The noncompliance discussed with UFSAR Section 9.5.1.3.1.B.1 was first identified as a potential vulnerability in Condition Report CR-2006-2407, dated August 21, 2006, and a corrective action recommendation was made to revise the deficient procedure. On August 28, 2006, Condition Report CR-2006-2407 was closed to Condition Report CR-2006-0388 corrective action CA-4, which took action to consider the need to revise the pre-fire plan. On September 5, 2006, Condition Report CR-2006-0388 corrective action CA-5 was created to revise the pre-fire plan. On February 12, 2007, Condition Report CR-2006-0388 corrective action CA-5 was closed to Condition Report CR-2007-0346 corrective action CA-17, which had a due date of December 31, 2008. Contrary to the above corrective action timeliness requirement, the deficient procedure was not corrected until September 14, 2007, after the senior resident inspector discussed the nonconformance with licensee management.

Analysis.

The licensees failure to follow Waterford Steam Electric Station, Unit 3 Facility Operating License Condition 2.C.9 and implement their fire protection program as

described in the UFSAR is a performance deficiency. The finding was more than minor because it was associated with the mitigating systems cornerstone objective (Protection Against External Factors) to ensure the availability, reliability, and capability of systems that respond to initiating events to prevent undesirable consequences. Using the Manual Chapter 0609, Appendix F, Phase 1 initial qualitative screening, the issue screened as having very low safety significance because the compensatory manual action required to safely shut down the plant is not needed in order to reach hot shutdown. This finding had a crosscutting aspect in the area of problem identification and resolution.

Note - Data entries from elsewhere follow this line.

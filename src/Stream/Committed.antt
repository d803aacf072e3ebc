-- ===== src/Stream/Committed.antt =====
-- Where the events come from that a subscriber of GET /events/stream is sent.
use z_apply_backend.Base.{ℕ, ◌≡◌, true, Option, none, some, List, ◌==◌, any, All}
use z_apply_backend.Hub.{StoredEvent}
use z_apply_backend.Models.{RunEventRow}
use z_apply_backend.Stream.{Stream}
use z_apply_backend.Stream.Replay.{sent}
use z_apply_backend.Stream.System.{World}

-- An event with this id is in the table; so is that of an item of a queue, if it is an event.
abbrev pub IsCommitted : List RunEventRow → ℕ → Type 0
IsCommitted rows n = any (λ e. e.id == n) rows ≡ true

abbrev IsQueued : List RunEventRow → Option StoredEvent → Type 0
IsQueued rows none = Unit
IsQueued rows (some event) = IsCommitted rows event.id

-- All events that wait, are queued or were sent are committed.
pub record Sourced (w : World) : Type 0 where
  pub waiting : All (λ (e : StoredEvent). IsCommitted w.db.events e.id) w.pending
  pub queued : All (IsQueued w.db.events) w.queue.items
  pub outputs : All (IsCommitted w.db.events) (sent w.stream.outputs)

Specifically, the licensees personnel corrective action process failed to take appropriate corrective actions to address the safety issue in a timely manner (P.1(d)).

Enforcement:

Waterford Steam Electric Station, Unit 3 Facility Operating License Condition 2.C.9 requires that the licensee implement their fire protection program as described in the UFSAR. Contrary to the above, the licensee failed to maintain an adequate prefire strategy procedure as described in the UFSAR. Also, contrary to the above, the licensee failed to follow the corrective action program as described in the UFSAR. Because this finding was of very low safety significance and has been entered into the licensees corrective action program (Condition Report CR-WF3-2007-3264), it is considered a noncited violation consistent with Section VI.A.1 of the NRC Enforcement Policy: NCV 05000382/2007004-03, Inadequate Procedure for a Fire in Vital Switchgear Room B.

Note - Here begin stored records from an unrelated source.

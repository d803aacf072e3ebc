-- ===== src/Stream/Covers.antt =====
-- How the queue of a subscriber and the events still to be published account for the committed
-- events: read in this order, they are the ids that are ahead, up to a disconnect marker.
use z_apply_backend.Base.{
  ℕ, ◌≡◌, refl, ap, Option, none, some, List, [], ◌∷◌, ◌++◌, map, Bool-cases, inl, inr,
}
use z_apply_backend.Hub.{StoredEvent, AsyncQueue, full}
use z_apply_backend.Hub.Laws.{offered}

abbrev pub keys : List StoredEvent → List ℕ
keys = map λ e. e.id

abbrev pub Covers : List ℕ → List (Option StoredEvent) → List ℕ → Type 0
Covers pending [] ahead = ahead ≡ pending
Covers pending (none ∷ items) ahead = Unit
Covers pending (some event ∷ items) ahead =
    (rest : List ℕ) × (ahead ≡ event.id ∷ rest) × Covers pending items rest

-- A commit adds an id at the end of both.
pub Covers-commit :
    (n : ℕ) (pending : List ℕ) (items : List (Option StoredEvent)) (ahead : List ℕ)
    → Covers pending items ahead
    → Covers (pending ++ n ∷ []) items (ahead ++ n ∷ [])
Covers-commit n pending [] ahead c = ap (λ l. l ++ n ∷ []) c
Covers-commit n pending (none ∷ items) ahead c = tt
Covers-commit n pending (some event ∷ items) ahead c =
    (c.0 ++ n ∷ [], ap (λ l. l ++ n ∷ []) c.1, Covers-commit n pending items c.0 c.2)

Covers-append :
    (event : StoredEvent) (pending : List ℕ) (items : List (Option StoredEvent)) (ahead : List ℕ)
    → Covers (event.id ∷ pending) items ahead
    → Covers pending (items ++ some event ∷ []) ahead
Covers-append event pending [] ahead c = (pending, c, refl)
Covers-append event pending (none ∷ items) ahead c = tt
Covers-append event pending (some e ∷ items) ahead c =
    (c.0, c.1, Covers-append event pending items c.0 c.2)

-- Publishing moves the oldest pending event into the queue, or leaves the marker there.
pub Covers-publish :
    (event : StoredEvent) (pending : List ℕ) (q : AsyncQueue) (ahead : List ℕ)
    → Covers (event.id ∷ pending) q.items ahead
    → Covers pending (offered q event).items ahead
unfolding offered
Covers-publish event pending q ahead c = elim (Bool-cases (full q)) [
  | inl f ↦ rw f tt
  | inr f ↦ rw f (Covers-append event pending q.items ahead c)
]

.3 Semiannual Trend Review

a. Inspection Scope

The inspectors completed a semiannual trend review of repetitive or closely related issues associated with the Appendix R required emergency lights to identify trends that might indicate the existence of more safety significant issues. The inspectors review consisted of the 4 year period between January 2003 to September 2007. When warranted, some of the samples expanded beyond those dates to fully assess the issue.

The inspectors also reviewed corrective action program items associated with troubleshooting. The inspectors compared and contrasted their results with the results contained in the licensees quarterly trend reports. Corrective actions associated with a sample of the issues identified in the licensees trend report were reviewed for adequacy.

Documents reviewed by the inspectors are listed in the attachment.

The inspectors completed one sample.

b. Findings

No findings of significance were identified.

4OA5 Other Activities

(Closed) Unresolved Item 05000382/2000007-02: Determine the Qualification of Heymc Fire Wrap as a 1-hour Rated Fire Barrier

a. Inspection Scope

The team had opened this item because of questions related to the acceptability of the tested configuration (4-inch conduits) versus the installed configurations (1- and 2-inch conduits) in Fire Area RAB-2 and indicated further NRC review was required.

An NRC inspector and a senior reactor analyst performed an in-office review of the licensee's interim measures and risk assessment to determine if the licensee had demonstrated that the significance of the issue was less than high safety significance (Red). The inspector performed this inspection by reviewing the documents listed in the attachment and discussed below. The inspector and senior reactor analyst discussed the issues with the fire protection engineer and licensee probabilistic safety assessment personnel.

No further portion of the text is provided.